Yes, in Polish you can say that too:
Wiszę Ci 5 marek.
It is colloquial too.


----------



## dihydrogen monoxide

WannaBeMe said:


> I dont think you realy understand that, do you?
> I am talking pariculary for Serbian: One verb can be ommited only if it is well known what the orator means, thus if he´s already mentioned the verb before. Otherways the interlocuter cannot know what the orator wants to say. (Especially if there are even no nouns mentioned in the sentence).
> With other words: You cannot just say:" Ja tebi pet maraka".
> If you still think it is possible, just try to say it to a person on the street and you will see how they are going to look at you. If you would tell it to me, I would ask myself: "What the hell he wants now, to give me the five marks, or to borow, or to steel, and all possible ditransitive verbs that you can use with the noun "money".
> 
> But if you would have talked about giving the money, or borowing or whatever before you said "Ja tebi pet maraka" I could understand it. Thats why I said, only in this context. Do you understand what I mean?


 
I know what you mean. But I was talking about the sentence structure being possible. Ommiting the verb. I know what you want to say, because you'd have to know what was said before the verb was omitted. I'm not looking for semantics but syntactic part of the sentence. Well, you've said it, the verb can be omitted. 
What would you say about this:
You've robbed a bank and you're counting the money and sharing it with the accomplice. In English you'd say: One for you,one for me.... or I'll give you 1,.....
But in BCS, it would be possible to say just:
A: Ja tebi pet
B: Ti meni pet
Because you know, it refers to money being counted so you know what is going on with the money, thus the verb can be ommited.
I am not asking for semantics of the sentence but syntax. You can say Ja tebi pet maraka, but that sentence cannot stand alone, it needs another sentence to go with it.


----------



## WannaBeMe

dihydrogen monoxide said:


> I know what you mean. But I was talking about the sentence structure being possible. Ommiting the verb. I know what you want to say, because you'd have to know what was said before the verb was omitted. I'm not looking for semantics but syntactic part of the sentence. Well, you've said it, the verb can be omitted.
> What would you say about this:
> You've robbed a bank and you're counting the money and sharing it with the accomplice. In English you'd say: One for you,one for me.... or I'll give you 1,.....
> But in BCS, it would be possible to say just:
> A: Ja tebi pet
> B: Ti meni pet
> Because you know, it refers to money being counted so you know what is going on with the money, thus the verb can be ommited.
> I am not asking for semantics of the sentence but syntax. You can say Ja tebi pet maraka, but that sentence cannot stand alone, it needs another sentence to go with it.

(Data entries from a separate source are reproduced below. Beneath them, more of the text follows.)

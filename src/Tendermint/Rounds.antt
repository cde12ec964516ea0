-- ===== src/Tendermint/Rounds.antt =====
-- tendermint/tests/common/filters.go, common.go and params.go: the filters that keep the current round of
-- a test, and its setup.
pub mod Reporters
pub mod Order
pub mod Variables
pub mod Counted
pub mod AllReported
pub mod Runs
pub mod Setups
pub mod TwoThirds
use tendermint_testing.Base.{
  ℕ, ◌-◌, ◌*◌, ◌/◌, String, Bool, true, false, List, [], ◌∷◌, Option, none, some, if◌then◌else◌,
  is_some, ◌<>◌, ◌⊎◌, inl, inr,
}
use tendermint_testing.Base.GoMap.{GoMap, lookup}
use tendermint_testing.Base.Int.{or_zero, ℤ, pos, leb_ℤ, ltb_ℤ, int_beq, add_int}
use tendermint_testing.Types.Event.{Event}
use tendermint_testing.Types.Messages.{Message}
use tendermint_testing.Types.Replicas.{Replica, ReplicaStore, cap_of}
use tendermint_testing.Testlib.Vars.{
  VarSet, int, bool, exists, set_var, get_int, get_counter, set_counter, incr, value,
}
use tendermint_testing.Testlib.Context.{Context}
use tendermint_testing.Testlib.Actions.{FilterFunc}
use tendermint_testing.Tendermint.Partition.{Partition, PartitionError, create_partition}
use tendermint_testing.Tendermint.Messages.{TMessage}
use tendermint_testing.Tendermint.Conditions.{
  Reads, cur_round_key, new_step_type, on_type, number_at,
}

-- fmt's %d, in the labels of the variables.
abbrev pub round_key : (ℤ → String) → ℤ → String
round_key decimal n = "_roundCount_" <> decimal n

abbrev pub replica_round_key : (ℤ → String) → String → ℤ → String
replica_round_key decimal r n = "_roundCount_" <> (r <> ("_" <> decimal n))

-- !ok || curRound < round
abbrev pub is_below : Option ℤ → ℤ → Bool
is_below none n = true
is_below (some cur) n = ltb_ℤ cur n

module _ {P : Type 0} where
  abbrev pub raise_round : VarSet P → ℤ → VarSet P
  raise_round v n =
      if is_below (get_int v cur_round_key) n then set_var v cur_round_key (int n) else v

  abbrev pub with_counter : VarSet P → String → VarSet P
  with_counter v key = if is_some (get_counter v key) then v else set_counter v key

  -- Incr at a counter, and the test of its value.
  abbrev pub count_at : (ℤ → Bool) → ℤ → VarSet P → Option ℕ → VarSet P
  count_at test n v none = v
  count_at test n v (some a) =
      let v' = incr v a in if test (or_zero (value v' a)) then raise_round v' n else v'

module _ {P : Type 0} (decimal : ℤ → String) where
  -- `test` reads the variables before it is asked about the count of the replicas in the round.
  abbrev pub mark_round : (VarSet P → ℤ → Bool) → VarSet P → String → ℤ → VarSet P
  mark_round test v replica n =
      let v1 = set_var v (replica_round_key decimal replica n) (bool true) in
      let v2 = with_counter v1 (round_key decimal n) in
      if exists v (replica_round_key decimal replica n)
      then v
      else count_at (test v1) n v2 (get_counter v2 (round_key decimal n))

  abbrev pub mark_found : (VarSet P → ℤ → Bool) → VarSet P → String → Option ℤ → VarSet P
  mark_found test v replica none = v
  mark_found test v replica (some n) = mark_round test v replica n

-- roundCount.Value() == n
abbrev pub all_test : {P : Type 0} → VarSet P → ℤ → Bool
all_test v x = int_beq x (or_zero (get_int v "n"))

-- roundCount.Value() >= 2*f+1
abbrev pub two_thirds_test : {P : Type 0} → VarSet P → ℤ → Bool
two_thirds_test v x = let f = or_zero (get_int v "f") in leb_ℤ (add_int (add_int f f) (pos 1)) x

module _ {I M : Type 0} (rd : Reads) (decimal : ℤ → String) where
  abbrev pub track :
      (VarSet (TMessage I M) → ℤ → Bool)
      → Event
      → Context (TMessage I M)
      → (List (Message (TMessage I M)) × Bool) × Context (TMessage I M)
  track test e c = (
    ([], false),
    record c {
      vars =
          on_type e.type new_step_type c.vars
            (λ params. mark_found decimal test c.vars e.replica (number_at rd params "round"));
    },
  )

  unfoldable pub track_round_all : FilterFunc (TMessage I M)
  unfolding set_var exists get_int get_counter set_counter incr value
  track_round_all = track all_test

  unfoldable pub track_round_two_thirds : FilterFunc (TMessage I M)
  unfolding set_var exists get_int get_counter set_counter incr value
  track_round_two_thirds = track two_thirds_test

pub record SystemParams : Type 0 where
  pub n : ℕ
  pub f : ℕ

unfoldable pub new_system_params : ℕ → SystemParams
new_system_params n = record { n = n; f = (n - 1) / 3 }

module _ {P : Type 0} where
  -- The two variables that Setup makes before its options.
  unfoldable pub setup_vars : SystemParams → VarSet P → VarSet P
  unfolding set_var
  setup_vars sys v = set_var (set_var v "n" (int (pos sys.n))) "faults" (int (pos sys.f))

-- The error of CreatePartition is dropped, and the nil partition that comes with it panics when it is
-- printed. `none` is the panic.
abbrev pub printed : Option (PartitionError ⊎ Partition) → Option Partition
printed none = none
printed (some (inl error)) = none
printed (some (inr p)) = some p

-- The option that is Setup's default.
unfoldable pub partition : (Replica → Option String) → ReplicaStore → Option Partition
unfolding create_partition
partition val_addr store =
    let f = (cap_of store - 1) / 3 in
    printed (create_partition val_addr store (1 ∷ f ∷ 2 * f ∷ []) ("h" ∷ "faulty" ∷ "rest" ∷ []))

Well, it can stand alone but in some special occasions, like that what you said but normaly it cannt stand alone. If the queston here was, if it can be said, the answer is _it can_. Everithing can be said BUT... the next question is if you would be understood and if this question doesnt metter then you are completely right it can be said any time.


----------



## dihydrogen monoxide

WannaBeMe said:


> Well, it can stand alone but in some special occasions, like that what you said but normaly it cannt stand alone. If the queston here was, if it can be said, the answer is _it can_. Everithing can be said BUT... the next question is if you would be understood and if this question doesnt metter then you are completely right it can be said any time.


 
Glad we understand each other.


----------



## Heroj_MKD

In Macedonian

1. Должен сум ти пет марки / евра / долари
2. Јас тебе ти должам пет марки / евра/ долари


----------